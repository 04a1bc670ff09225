-- ===== src/Usgs/Producer.antt =====
-- `RawEventProducer` of services/ingestion-usgs/src/ingestion_usgs/producer.py.
pub mod Delivered
pub mod Confirmed
use sentinel_chain.Base.{
  ℕ, String, str_eq, Bool, true, false, ◌||◌, Option, none, some, List, [], ◌∷◌, ◌++◌,
  if◌then◌else◌,
}
use sentinel_chain.Base.Int.{pos}
use sentinel_chain.Base.Result.{Result, ok, err}
use sentinel_chain.Base.Exec.{Exec, pure, gets, lift, modify, ◌>>=◌, ◌>>◌}
use sentinel_chain.Base.Runtime.{Runtime}
use sentinel_chain.Base.Json.{Json, null, str, arr, Items, nil, cons, Fields, end, field}
use sentinel_chain.Common.Envelope.{EventEnvelope, new_envelope}
use sentinel_chain.Common.Kafka.{Report, produce, flush}
use sentinel_chain.Usgs.Parser.{UsgsEvent}
use sentinel_chain.Usgs.Event.{text_json, source_version, payload}
use sentinel_chain.Usgs.System.{System, PollState, Poll, from_std, on_env, on_client, on_wire}

-- `x in set`
abbrev pub contains : String → List String → Bool
contains x [] = false
contains x (y ∷ ys) = str_eq y x || contains x ys

-- `set.add(x)`
abbrev pub add : String → List String → List String
add x set = if contains x set then set else x ∷ set

-- The callback of `_on_delivery`, at a report: a message without one changes nothing.
abbrev pub on_delivery : {B : Type 0} → Report B → List String → List String
on_delivery report set =
    if report.failed
    then set
    else elim report.message.on_delivery [ none ↦ set | some id ↦ add id set ]

abbrev pub on_deliveries : {B : Type 0} → List (Report B) → List String → List String
on_deliveries [] set = set
on_deliveries (report ∷ reports) set = on_deliveries reports (on_delivery report set)

-- `id or "unknown"`
abbrev pub or_unknown : Option String → String
or_unknown none = "unknown"
or_unknown (some id) = if str_eq id "" then "unknown" else id

abbrev pub text_items : {F : Type 0} → List String → Items F
text_items [] = nil
text_items (s ∷ ss) = cons (str s) (text_items ss)

module _ {R : Runtime} {X : Type 0} (sys : System R X) where
  -- A new envelope, with ids and the time of the environment.
  abbrev pub fill : (String → R.Datetime → String → EventEnvelope R) → Poll sys (EventEnvelope R)
  fill make = do
    event_id ← on_env sys sys.new_uuid
    ingested_at ← on_env sys sys.utcnow
    trace_id ← on_env sys sys.new_uuid
    pure (make event_id ingested_at trace_id)

  unfoldable pub produce_event : UsgsEvent R → Poll sys (Unit {0})
  produce_event event = do
    version ← lift (from_std (source_version R event))
    body ← lift (from_std (payload R event))
    envelope ← fill λ event_id now trace_id.
        new_envelope R event_id trace_id now "usgs.earthquake.raw" "usgs" event.source_event_id
          (some version) event.event_time body
    on_wire sys (
        produce sys.kafka sys.raw_topic event.source_event_id envelope (sys.serialize sys.raw_topic)
          (some event.source_event_id))

  abbrev pub dq_payload : Option String → List String → Option (Fields R.Float) → Fields R.Float
  dq_payload id reasons raw = field "origin_source" (str "usgs") (
      field "source_event_id" (text_json id) (
        field "reasons" (arr (text_items reasons))
          (field "raw" (elim raw [ none ↦ null | some fs ↦ str (sys.dumps_raw fs) ]) end)))

  unfoldable pub produce_data_quality :
      Option String → List String → Option (Fields R.Float) → Poll sys (Unit {0})
  produce_data_quality id reasons raw = do
    event_time ← on_env sys sys.utcnow
    envelope ← fill λ event_id now trace_id.
        new_envelope R event_id trace_id now "data_quality.violation" "ingestion-usgs"
          (or_unknown id) none event_time (dq_payload id reasons raw)
    on_wire sys
        (produce sys.kafka sys.dq_topic (or_unknown id) envelope (sys.serialize sys.dq_topic) none)

  -- with the default timeout; the callbacks run during the flush
  unfoldable pub flush_and_confirm : Poll sys (List String × ℕ)
  flush_and_confirm = do
    outcome ← on_client sys (flush sys.kafka (R.lit (pos 10) 0))
    modify (λ s. record s { delivered = on_deliveries outcome.0 s.delivered })
    delivered ← gets (λ s. s.delivered)
    modify (λ s. record s { delivered = [] })
    pure (delivered, outcome.1)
━━━
• _Your instructions_
Exactly the lines from the one with "delivered = on_deliveries" through the end of the entries, both included, should be written out, and no others.

• _Response to this task_
    modify (λ s. record s { delivered = on_deliveries outcome.0 s.delivered })
    delivered ← gets (λ s. s.delivered)
    modify (λ s. record s { delivered = [] })
    pure (delivered, outcome.1)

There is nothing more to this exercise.